■ **TASK DETAILS**:
Find the lines holding the string "Bool" in the data, then copy all of them.

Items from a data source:
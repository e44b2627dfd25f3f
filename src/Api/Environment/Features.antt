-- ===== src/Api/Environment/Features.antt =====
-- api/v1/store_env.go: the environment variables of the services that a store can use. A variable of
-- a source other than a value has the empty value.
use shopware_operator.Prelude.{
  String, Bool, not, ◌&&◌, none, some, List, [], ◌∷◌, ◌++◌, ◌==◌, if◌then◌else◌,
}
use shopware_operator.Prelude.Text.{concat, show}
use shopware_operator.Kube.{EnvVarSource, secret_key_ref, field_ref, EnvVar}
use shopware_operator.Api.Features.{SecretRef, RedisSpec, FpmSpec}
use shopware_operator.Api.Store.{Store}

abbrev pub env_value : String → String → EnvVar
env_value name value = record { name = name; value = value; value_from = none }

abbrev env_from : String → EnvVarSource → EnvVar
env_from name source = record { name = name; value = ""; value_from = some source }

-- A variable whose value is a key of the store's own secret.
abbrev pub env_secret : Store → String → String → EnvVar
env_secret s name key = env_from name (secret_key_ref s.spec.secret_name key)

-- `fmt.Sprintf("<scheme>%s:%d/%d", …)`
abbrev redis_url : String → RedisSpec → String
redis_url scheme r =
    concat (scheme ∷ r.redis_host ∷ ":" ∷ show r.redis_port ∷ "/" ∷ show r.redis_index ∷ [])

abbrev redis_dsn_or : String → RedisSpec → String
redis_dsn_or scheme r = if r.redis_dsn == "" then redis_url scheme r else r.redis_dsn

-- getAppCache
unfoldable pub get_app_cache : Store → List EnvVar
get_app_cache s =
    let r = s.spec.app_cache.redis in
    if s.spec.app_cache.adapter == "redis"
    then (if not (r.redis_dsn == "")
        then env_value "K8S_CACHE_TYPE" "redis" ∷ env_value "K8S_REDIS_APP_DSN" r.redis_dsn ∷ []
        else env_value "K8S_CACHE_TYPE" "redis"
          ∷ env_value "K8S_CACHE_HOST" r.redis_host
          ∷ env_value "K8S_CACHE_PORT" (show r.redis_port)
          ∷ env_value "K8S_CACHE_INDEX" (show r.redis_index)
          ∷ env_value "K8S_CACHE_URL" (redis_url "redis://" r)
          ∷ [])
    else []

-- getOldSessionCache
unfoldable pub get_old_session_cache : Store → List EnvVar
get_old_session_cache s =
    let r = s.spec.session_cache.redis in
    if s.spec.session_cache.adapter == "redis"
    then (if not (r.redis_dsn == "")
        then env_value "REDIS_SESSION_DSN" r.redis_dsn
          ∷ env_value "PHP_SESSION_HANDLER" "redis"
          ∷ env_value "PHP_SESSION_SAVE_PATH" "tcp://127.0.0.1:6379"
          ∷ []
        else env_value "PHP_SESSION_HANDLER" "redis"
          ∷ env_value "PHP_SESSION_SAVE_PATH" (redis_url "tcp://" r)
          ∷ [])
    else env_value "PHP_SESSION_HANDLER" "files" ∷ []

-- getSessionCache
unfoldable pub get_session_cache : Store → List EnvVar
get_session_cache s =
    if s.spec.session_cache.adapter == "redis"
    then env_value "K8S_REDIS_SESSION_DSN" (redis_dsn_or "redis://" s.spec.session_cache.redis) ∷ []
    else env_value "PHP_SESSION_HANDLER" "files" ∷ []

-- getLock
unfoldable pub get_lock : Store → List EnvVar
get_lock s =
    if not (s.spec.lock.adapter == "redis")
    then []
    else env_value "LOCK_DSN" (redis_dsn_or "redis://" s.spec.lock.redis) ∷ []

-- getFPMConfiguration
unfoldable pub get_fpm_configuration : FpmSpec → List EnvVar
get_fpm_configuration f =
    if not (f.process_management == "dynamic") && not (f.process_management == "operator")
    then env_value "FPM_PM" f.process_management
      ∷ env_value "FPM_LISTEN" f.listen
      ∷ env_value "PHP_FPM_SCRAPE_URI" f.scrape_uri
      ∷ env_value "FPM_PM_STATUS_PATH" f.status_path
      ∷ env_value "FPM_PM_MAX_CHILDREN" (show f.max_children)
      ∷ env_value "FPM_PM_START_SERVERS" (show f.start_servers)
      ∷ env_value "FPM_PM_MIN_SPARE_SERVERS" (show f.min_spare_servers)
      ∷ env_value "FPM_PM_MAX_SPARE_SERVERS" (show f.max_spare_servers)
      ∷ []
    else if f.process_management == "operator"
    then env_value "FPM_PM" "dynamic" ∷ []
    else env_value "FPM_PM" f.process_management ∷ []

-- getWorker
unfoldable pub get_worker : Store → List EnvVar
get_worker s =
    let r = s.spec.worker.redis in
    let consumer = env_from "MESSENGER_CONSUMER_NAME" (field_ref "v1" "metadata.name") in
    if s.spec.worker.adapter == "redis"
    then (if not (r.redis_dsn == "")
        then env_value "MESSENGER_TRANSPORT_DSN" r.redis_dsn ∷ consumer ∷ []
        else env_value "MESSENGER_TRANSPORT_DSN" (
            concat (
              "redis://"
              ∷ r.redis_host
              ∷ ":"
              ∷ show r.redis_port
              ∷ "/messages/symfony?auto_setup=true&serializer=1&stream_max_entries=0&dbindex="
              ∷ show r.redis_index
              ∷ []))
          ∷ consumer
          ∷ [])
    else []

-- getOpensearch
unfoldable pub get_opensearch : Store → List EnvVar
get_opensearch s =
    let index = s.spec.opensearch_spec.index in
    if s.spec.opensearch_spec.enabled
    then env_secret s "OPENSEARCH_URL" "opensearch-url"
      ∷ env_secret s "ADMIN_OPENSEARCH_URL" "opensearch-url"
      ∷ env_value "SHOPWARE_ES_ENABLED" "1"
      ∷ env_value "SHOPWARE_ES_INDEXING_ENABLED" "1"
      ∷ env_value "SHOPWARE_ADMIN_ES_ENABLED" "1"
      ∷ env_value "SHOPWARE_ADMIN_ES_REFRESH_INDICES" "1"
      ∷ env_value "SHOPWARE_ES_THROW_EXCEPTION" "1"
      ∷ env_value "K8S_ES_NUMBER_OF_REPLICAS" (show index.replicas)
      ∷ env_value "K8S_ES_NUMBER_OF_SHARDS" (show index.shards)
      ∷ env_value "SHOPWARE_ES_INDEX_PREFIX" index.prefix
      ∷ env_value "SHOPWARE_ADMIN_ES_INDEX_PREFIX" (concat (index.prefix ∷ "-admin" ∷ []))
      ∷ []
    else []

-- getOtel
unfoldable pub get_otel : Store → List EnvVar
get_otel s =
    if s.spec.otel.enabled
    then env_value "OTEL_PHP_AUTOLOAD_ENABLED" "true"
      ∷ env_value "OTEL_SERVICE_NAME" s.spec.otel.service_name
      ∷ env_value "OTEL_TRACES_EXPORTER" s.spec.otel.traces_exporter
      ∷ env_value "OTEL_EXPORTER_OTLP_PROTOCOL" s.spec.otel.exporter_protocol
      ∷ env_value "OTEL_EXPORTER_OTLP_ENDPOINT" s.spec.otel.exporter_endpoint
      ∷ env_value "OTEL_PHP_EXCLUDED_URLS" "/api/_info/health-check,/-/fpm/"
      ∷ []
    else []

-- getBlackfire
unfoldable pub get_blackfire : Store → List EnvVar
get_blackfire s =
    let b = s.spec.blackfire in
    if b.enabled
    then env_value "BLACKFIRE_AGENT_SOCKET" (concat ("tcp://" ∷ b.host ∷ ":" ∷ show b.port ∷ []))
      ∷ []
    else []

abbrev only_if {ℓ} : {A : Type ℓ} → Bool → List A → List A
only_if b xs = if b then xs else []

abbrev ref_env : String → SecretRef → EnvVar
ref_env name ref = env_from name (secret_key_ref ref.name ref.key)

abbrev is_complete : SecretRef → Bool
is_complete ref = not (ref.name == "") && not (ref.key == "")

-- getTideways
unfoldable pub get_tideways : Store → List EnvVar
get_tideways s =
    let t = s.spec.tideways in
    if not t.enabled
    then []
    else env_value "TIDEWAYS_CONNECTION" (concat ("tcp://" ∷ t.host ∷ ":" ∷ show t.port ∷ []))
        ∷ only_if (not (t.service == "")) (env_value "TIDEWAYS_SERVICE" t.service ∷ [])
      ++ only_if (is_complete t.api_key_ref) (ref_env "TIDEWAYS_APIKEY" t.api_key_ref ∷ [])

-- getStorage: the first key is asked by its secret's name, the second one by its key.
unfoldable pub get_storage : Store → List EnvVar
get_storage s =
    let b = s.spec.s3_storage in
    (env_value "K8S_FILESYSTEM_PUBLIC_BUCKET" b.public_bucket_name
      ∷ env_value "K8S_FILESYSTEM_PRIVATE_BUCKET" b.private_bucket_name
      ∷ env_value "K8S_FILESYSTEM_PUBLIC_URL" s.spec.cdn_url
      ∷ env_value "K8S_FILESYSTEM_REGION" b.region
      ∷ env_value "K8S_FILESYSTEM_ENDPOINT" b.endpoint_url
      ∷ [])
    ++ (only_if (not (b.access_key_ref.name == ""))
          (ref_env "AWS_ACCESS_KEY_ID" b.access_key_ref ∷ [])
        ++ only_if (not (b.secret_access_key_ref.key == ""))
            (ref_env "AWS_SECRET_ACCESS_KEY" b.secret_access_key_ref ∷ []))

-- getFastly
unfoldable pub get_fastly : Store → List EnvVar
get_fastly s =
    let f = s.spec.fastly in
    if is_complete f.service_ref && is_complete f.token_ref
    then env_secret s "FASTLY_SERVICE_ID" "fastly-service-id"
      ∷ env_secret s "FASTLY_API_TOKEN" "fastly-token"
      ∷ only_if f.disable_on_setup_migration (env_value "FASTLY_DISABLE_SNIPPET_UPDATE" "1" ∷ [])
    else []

■ **ANSWER FOR THIS EXERCISE**:
  String, Bool, not, ◌&&◌, none, some, List, [], ◌∷◌, ◌++◌, ◌==◌, if◌then◌else◌,
abbrev only_if {ℓ} : {A : Type ℓ} → Bool → List A → List A
abbrev is_complete : SecretRef → Bool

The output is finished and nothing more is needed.